ちなみに、RangeIndexはいずれもSystem名前空間の構造体です。

例えば以下のように書けます。

var data = new[] { 0, 1, 2, 3, 4, 5 };
 
// 1~2要素目。2 は exclusive。なので、表示されるのは 1 だけ。
Write(data[1..2]);
 
// 先頭から1~末尾から1。 1, 2, 3, 4
Write(data[1..^1]);
 
// 先頭~末尾から1。 0, 1, 2, 3, 4
Write(data[..^1]);
 
// 先頭から1~末尾。 1, 2, 3, 4, 5
Write(data[1..]);
 
// 全体。

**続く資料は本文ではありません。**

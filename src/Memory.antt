-- ===== src/Memory.antt =====
-- The history and the statistics of the journal, crates/aa-core/src/memory.rs, and the listing of the
-- journal, `list` of crates/aa-core/src/journal.rs. What the directory holds is an argument.
pub mod Touched
pub mod Newest
mod Tests
use prolog_forge.Prelude.{
  ℕ, zero, suc, ◌+◌, min, List, [], ◌∷◌, ◌++◌, Option, none, some, Bool, true, false, not, ◌&&◌,
  ◌||◌, ◌==◌, nat_eq, list_eq, Str, bytes, eqb, leb, ltb, length, elem, map, take, sort_by, str_le,
  Map, map_get, map_insert, get_or, if◌then◌else◌, Result, ok, err, ◌>>=◌,
}
use prolog_forge.Commit.Journal.{CommitFile, CommitEntry, JournalError, io, schema_version}

-- An entry of the journal's directory: whether it is named `*.json`, and its bytes if they can be read.
pub record DirEntry : Type 0 where
  pub is_json : Bool
  pub content : Option Str

pub data Listing : Type 0 where
  missing unreadable : Listing
  holds : List DirEntry → Listing

-- The JSON reader, on the bytes of a file.
abbrev pub Decoder : Type 0
Decoder = Str → Option CommitEntry

unfoldable pub known_schema : Option CommitEntry → Option CommitEntry
known_schema none = none
known_schema (some e) = if e.schema == schema_version then some e else none

read_content : Decoder → Option Str → Option CommitEntry
read_content decode none = none
read_content decode (some content) = decode content

unfoldable pub read_entries : Decoder → List DirEntry → List CommitEntry
unfolding known_schema read_content
read_entries decode [] = []
read_entries decode (d ∷ ds) =
    let rest = read_entries decode ds in
    if d.is_json
    then elim (known_schema (read_content decode d.content)) [ none ↦ rest | some e ↦ e ∷ rest ]
    else rest

abbrev pub oldest_first : CommitEntry → CommitEntry → Bool
oldest_first a b = leb a.timestamp_unix b.timestamp_unix

unfoldable pub list : Decoder → Listing → Result JournalError (List CommitEntry)
list decode missing = ok []
list decode unreadable = err io
list decode (holds ds) = ok (sort_by oldest_first (read_entries decode ds))

pub record HistoryFilter : Type 0 where
  pub label_prefix : Option Str
  pub op_tag : Option Str
  pub validation_profile : Option Str
  pub limit : Option ℕ

pub record HistoryItem : Type 0 where
  pub commit_id : Str
  pub timestamp_unix : ℕ
  pub label : Str
  pub files_changed : ℕ
  pub bytes_after : ℕ
  pub ops_summary : List Str
  pub validation_profile : Option Str
  pub total_replacements : ℕ

unfoldable pub bytes_written : List CommitFile → ℕ
bytes_written [] = 0
bytes_written (f ∷ fs) = length f.after + bytes_written fs

-- `HistoryItem::from`.
unfoldable pub item_of : CommitEntry → HistoryItem
unfolding bytes_written
item_of e = record {
  commit_id = e.commit_id;
  timestamp_unix = e.timestamp_unix;
  label = e.label;
  files_changed = length e.files;
  bytes_after = bytes_written e.files;
  ops_summary = e.ops_summary;
  validation_profile = e.validation_profile;
  total_replacements = e.total_replacements;
}

starts_with : Str → Str → Bool
starts_with s [] = true
starts_with [] (b ∷ prefix) = false
starts_with (c ∷ s) (b ∷ prefix) = let rest = starts_with s prefix in if b == c then rest else false

unfoldable pub fits_label : Option Str → CommitEntry → Bool
unfolding starts_with
fits_label none e = true
fits_label (some prefix) e = starts_with e.label prefix

unfoldable pub fits_tag : Option Str → CommitEntry → Bool
fits_tag none e = true
fits_tag (some tag) e = elem tag e.ops_summary

same_profile : Option Str → Str → Bool
same_profile none profile = false
same_profile (some p) profile = p == profile

unfoldable pub fits_profile : Option Str → CommitEntry → Bool
unfolding same_profile
fits_profile none e = true
fits_profile (some profile) e = same_profile e.validation_profile profile

unfoldable pub matches : HistoryFilter → CommitEntry → Bool
unfolding fits_label fits_tag fits_profile
matches filter e =
    fits_label filter.label_prefix e
    && (fits_tag filter.op_tag e && fits_profile filter.validation_profile e)

unfoldable pub matching : HistoryFilter → List CommitEntry → List HistoryItem
matching filter [] = []
matching filter (e ∷ es) =
    let rest = matching filter es in if matches filter e then item_of e ∷ rest else rest

abbrev pub newest_first : HistoryItem → HistoryItem → Bool
newest_first a b = leb b.timestamp_unix a.timestamp_unix

unfoldable pub truncate : Option ℕ → List HistoryItem → List HistoryItem
truncate none items = items
truncate (some n) items = take n items

unfoldable pub history_of : HistoryFilter → List CommitEntry → List HistoryItem
history_of filter entries = truncate filter.limit (sort_by newest_first (matching filter entries))

unfoldable pub history : Decoder → Listing → HistoryFilter → Result JournalError (List HistoryItem)
history decode listing filter = do all ← list decode listing; ok (history_of filter all)

pub record MemoryStats : Type 0 where
  pub commits : ℕ
  pub files_touched : ℕ
  pub by_op_kind : Map Str ℕ
  pub by_validation_profile : Map Str ℕ
  pub top_files : List (Str × ℕ)
  pub first_commit_at : Option ℕ
  pub last_commit_at : Option ℕ
  pub total_bytes_written : ℕ

-- `*entry(key).or_insert(0) += 1`.
unfoldable pub count_one : Str → Map Str ℕ → Map Str ℕ
count_one k m = map_insert k (get_or (map_get k m) 0 + 1) m

unfoldable pub count_all : List Str → Map Str ℕ → Map Str ℕ
count_all [] m = m
count_all (k ∷ ks) m = count_all ks (count_one k m)

-- What the loop over the entries changes.
pub record Totals : Type 0 where
  pub by_op_kind : Map Str ℕ
  pub by_profile : Map Str ℕ
  pub per_file : Map Str ℕ
  pub total_bytes : ℕ
  pub first : Option ℕ
  pub last : Option ℕ

unfoldable pub count_files : List CommitFile → Map Str ℕ → Map Str ℕ
count_files [] m = m
count_files (f ∷ fs) m = count_files fs (count_one f.path m)

earlier : Option ℕ → ℕ → ℕ
earlier none t = t
earlier (some v) t = min v t

later : Option ℕ → ℕ → ℕ
later none t = t
later (some v) t = if ltb v t then t else v

unfoldable pub add_entry : CommitEntry → Totals → Totals
unfolding earlier later
add_entry e t = record {
  by_op_kind = count_all e.ops_summary t.by_op_kind;
  by_profile = count_one (get_or e.validation_profile (bytes "unknown")) t.by_profile;
  per_file = count_files e.files t.per_file;
  total_bytes = t.total_bytes + bytes_written e.files;
  first = some (earlier t.first e.timestamp_unix);
  last = some (later t.last e.timestamp_unix);
}

unfoldable pub add_entries : List CommitEntry → Totals → Totals
add_entries [] t = t
add_entries (e ∷ es) t = add_entries es (add_entry e t)

abbrev pub no_totals : Totals
no_totals = record {
  by_op_kind = [];
  by_profile = [];
  per_file = [];
  total_bytes = 0;
  first = none;
  last = none;
}

-- By the count, the largest first, then by the path.
unfoldable pub busier : Str × ℕ → Str × ℕ → Bool
busier (p, m) (q, n) = if eqb m n then str_le p q else ltb n m

abbrev pub no_stats : MemoryStats
no_stats = record {
  commits = 0;
  files_touched = 0;
  by_op_kind = [];
  by_validation_profile = [];
  top_files = [];
  first_commit_at = none;
  last_commit_at = none;
  total_bytes_written = 0;
}

unfoldable pub stats_of : List CommitEntry → MemoryStats
unfolding busier
stats_of [] = no_stats
stats_of (e ∷ es) =
    let t = add_entries (e ∷ es) no_totals in
    let top_files = take 20 (sort_by busier t.per_file) in
    record {
      commits = length (e ∷ es);
      files_touched = length top_files;
      by_op_kind = t.by_op_kind;
      by_validation_profile = t.by_profile;
      top_files = top_files;
      first_commit_at = t.first;
      last_commit_at = t.last;
      total_bytes_written = t.total_bytes;
    }

unfoldable pub stats : Decoder → Listing → Result JournalError MemoryStats
stats decode listing = do entries ← list decode listing; ok (stats_of entries)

0, 1, 2, 3, 4, 5
Write(data[..]);

範囲構文

内部実装

実装としては以下のようになります。

  • ^inew Index(i, true)になる(第2引数のtrueが「末尾から」の意味)
  • 整数から Index へは暗黙の型変換がある
  • i..jRange.Create(i, j)になる
  • i..Range.FromStart(i)になる
  • ..jRange.ToEnd(j)になる
  • ..Range.All()になる
var r1 = Range.Create(1, 2);                  // 1..2
var r2 = Range.Create(1, new Index(1, true)); // 1..^1
var r3 = Range.ToEnd(new Index(1, true));     // ..^1
var r4 = Range.FromStart(1);                  // 1..
var r5 = Range.All();                         // ..

ちなみに、RangeIndexはそれぞれ、

  • Indexintを1つだけ持つ構造体
    • .NET の配列は負のインデックスを想定していないので、負の数を使って「末尾から」を表現
  • RangeIndexを2つ持つ構造体

になっています。

また、構文上は、^の方は単なる単項演算子、 ..の方は専用の構文(オペランドを省略可能というのが特殊なので、単なる2項演算子扱いにはできない)だそうです。

Rangeを受け付けるインデクサー

配列に対して a[i..j] と書いた時の挙動はちょっとまだもめているみたいです。 要は以下のどちらにすべきか。

  • 配列からは配列で「subarray」を返すべきではないか
    • 新しい配列のアロケーションとコピーが発生
  • アロケーションを避けるために Span<T> で返すべきではないか

Visual Studio 2019 Preview 1 での実装は前者になっていて、 new T[]Array.Copyが生成されます。 パフォーマンスを気にするならa.AsSpan()[i..j]と書く必要があります。